LA PRINCESSE, vivement au magistrat.

C’est ce flacon-là ! je le reconnais.

LE DOCTEUR, l’examinant.

Il reste quelques gouttes de liquide, en partie évaporé ; mais je jure devant Dieu que c’est là de l’acide prussique, poison si violent, si subtil, que quelques gouttes mises sur les lèvres causent presque instantanément la mort !

LA PRINCESSE.

Oh ! mon Dieu ! mais j’y songe, tout s’éclaire à la fois… Ce monstre nous a répété, avec une insistance dont je suis maintenant frappée, que ma pauvre fille lui avait fait promettre que si elle mourait, les médecins ne profaneraient pas son corps, et qu’aussitôt après sa mort, on la transporterait dans une de nos terres, à Nonancourt ! Jamais de son vivant ma fille ne m’avait dit un mot de ces tristes et dernières volontés ; cependant elles ont été remplies ; M. de Saint-Merry s’est chargé de ce douloureux devoir ; et il arrive ce matin même de l’Anjou.

BONAQUET.

Évidemment le but de ce mensonge était d’empêcher les investigations des médecins, rien n’étant plus facile à constater que l’absorption et les ravages d’un poison récent.

(M. de Beaupertuis ne répond rien ; il reste immobile et la figure cachée ; tout son corps est agité d’un tremblement convulsif.)

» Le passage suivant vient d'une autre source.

-- ===== src/Tests/Servers.antt =====
-- Runs of serve/mod.rs.
use ftl.Prelude.{ℕ, ◌≡◌, refl, false, some, none, List, [], ◌∷◌, ◌++◌, arith}
use ftl.Server.{
  Event, waiting, returned, poll, incoming, accepted, begin, finish, look, stop, store, notify,
  kill, obey, elapse, set_shutdown_timeout, step, run, start,
}
use ftl.Server.Watchers.{watchers, conn_count-watchers}
use ftl.Server.Stopping.{
  is_past, polls, serves_until_shutdown, shutdown_idle_returns, shutdown_deadline_returns,
}
use ftl.Server.Hangs.{last_leaves, lost_kill, abandoned_accepts}
use ftl.Server.Tasks.{task, idle_turns, shutting_down}
use ftl.Server.Throttle.{failed, ready, poll_all, poll_next}

ran : Unit {0}
unfolding run step start watchers task idle_turns poll_all poll_next
ran = tt

-- The serving task comes to its select; a connection is then accepted, and its task runs.
abbrev up : List Event
up = poll ∷ poll ∷ poll ∷ []

abbrev serving : List Event
serving = up ++ incoming ∷ poll ∷ accepted ∷ begin ∷ []

abbrev shut : List Event
shut = store ∷ notify ∷ []

serving_test : ((run start serving).conn_count ≡ 1) × ((run start serving).running ≡ 1)
unfolding ran
serving_test = (refl, refl)

-- A connection that ends in time lets the server return.
graceful_test :
    (run start
      (serving ++ (shut ++ poll ∷ poll ∷ poll ∷ poll ∷ finish ∷ look ∷ stop ∷ poll ∷ []))).phase
    ≡ returned
unfolding ran
graceful_test = refl

conn_count-watchers_example :
    (run start (serving ++ kill ∷ obey ∷ [])).conn_count
    ≡ watchers (run start (serving ++ kill ∷ obey ∷ []))
conn_count-watchers_example = conn_count-watchers (serving ++ kill ∷ obey ∷ [])

serves_until_shutdown_example :
    is_past (run start (serving ++ kill ∷ obey ∷ poll ∷ [])).phase ≡ false
serves_until_shutdown_example =
    serves_until_shutdown (serving ++ kill ∷ obey ∷ poll ∷ [])
      (tt, (tt, (tt, (tt, (tt, (tt, (tt, (tt, (tt, (tt, tt))))))))))

shutdown_idle_returns_example : (run start ((up ++ shut) ++ polls)).phase ≡ returned
unfolding ran
shutdown_idle_returns_example = shutdown_idle_returns (up ++ shut) refl refl refl refl

abbrev limited : List Event
limited = set_shutdown_timeout (some 5) ∷ serving ++ shut

abbrev later : List Event
later = elapse 3 ∷ incoming ∷ elapse 2 ∷ []

shutdown_deadline_returns_example :
    (run start (limited ++ (polls ++ (later ++ poll ∷ poll ∷ [])))).phase ≡ returned
unfolding ran
shutdown_deadline_returns_example =
    shutdown_deadline_returns limited later 5 refl refl refl refl (omega arith)

lost_kill_example :
    (run start (
      (serving ++ (shut ++ poll ∷ poll ∷ []))
      ++ (last_leaves ++ poll ∷ elapse 9 ∷ poll ∷ []))).phase
    ≡ waiting none
unfolding ran
lost_kill_example =
    lost_kill (serving ++ (shut ++ poll ∷ poll ∷ [])) (poll ∷ elapse 9 ∷ poll ∷ []) refl refl refl
      refl refl refl (tt, (tt, (tt, tt)))

abandoned_accepts_example :
    (run start
      ((up ++ incoming ∷ shut ++ poll ∷ poll ∷ poll ∷ poll ∷ []) ++ elapse 9 ∷ poll ∷ [])).phase
    ≡ waiting none
unfolding ran
abandoned_accepts_example =
    abandoned_accepts (up ++ incoming ∷ shut ++ poll ∷ poll ∷ poll ∷ poll ∷ [])
      (elapse 9 ∷ poll ∷ []) refl refl refl refl (omega arith) (tt, (tt, tt))

-- A task whose connection does not end turns again and again once the server shuts down.
spin_test :
    (task
      (record { polls = 0; graceful = 0; parks = 0; over = false })
      (shutting_down ∷ shutting_down ∷ shutting_down ∷ [])).parks
    ≡ 0
unfolding ran
spin_test = refl

throttle_test :
    (poll_all {A = ℕ} 0
      (record { until = none; failures = [] })
      ((1, failed) ∷ (20, failed) ∷ (40, failed) ∷ (1, ready 7) ∷ [])).failures
    ≡ 61 ∷ 1 ∷ []
unfolding ran
throttle_test = refl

LE MAGISTRAT, après avoir réuni les pièces de conviction et s’être entretenu avec le secrétaire général, s’adresse à M. de Beaupertuis.

Monsieur (le duc tressaille), en présence des soupçons de plus en plus graves qui pèsent sur vous, et par suite de ces diverses révélations, je suis obligé de vous mettre à l’instant même en état d’arrestation. Si vous avez quelques dispositions à prendre, veuillez les prendre, je vous attends.

LA PRINCESSE, levant les mains au ciel.

Ah ! Dieu est juste, ma pauvre fille sera vengée !

LE DUC.

(Il est resté jusqu’alors assis et sa tête cachée entre ses mains. Soudain il se lève et redresse la tête ; ses traits décomposés, ont une expression hideuse de méchanceté désespérée. Un rictus sardonique laisse voir ses dents jaunes ; il éclate d’un rire féroce aux dernières paroles de la princesse.)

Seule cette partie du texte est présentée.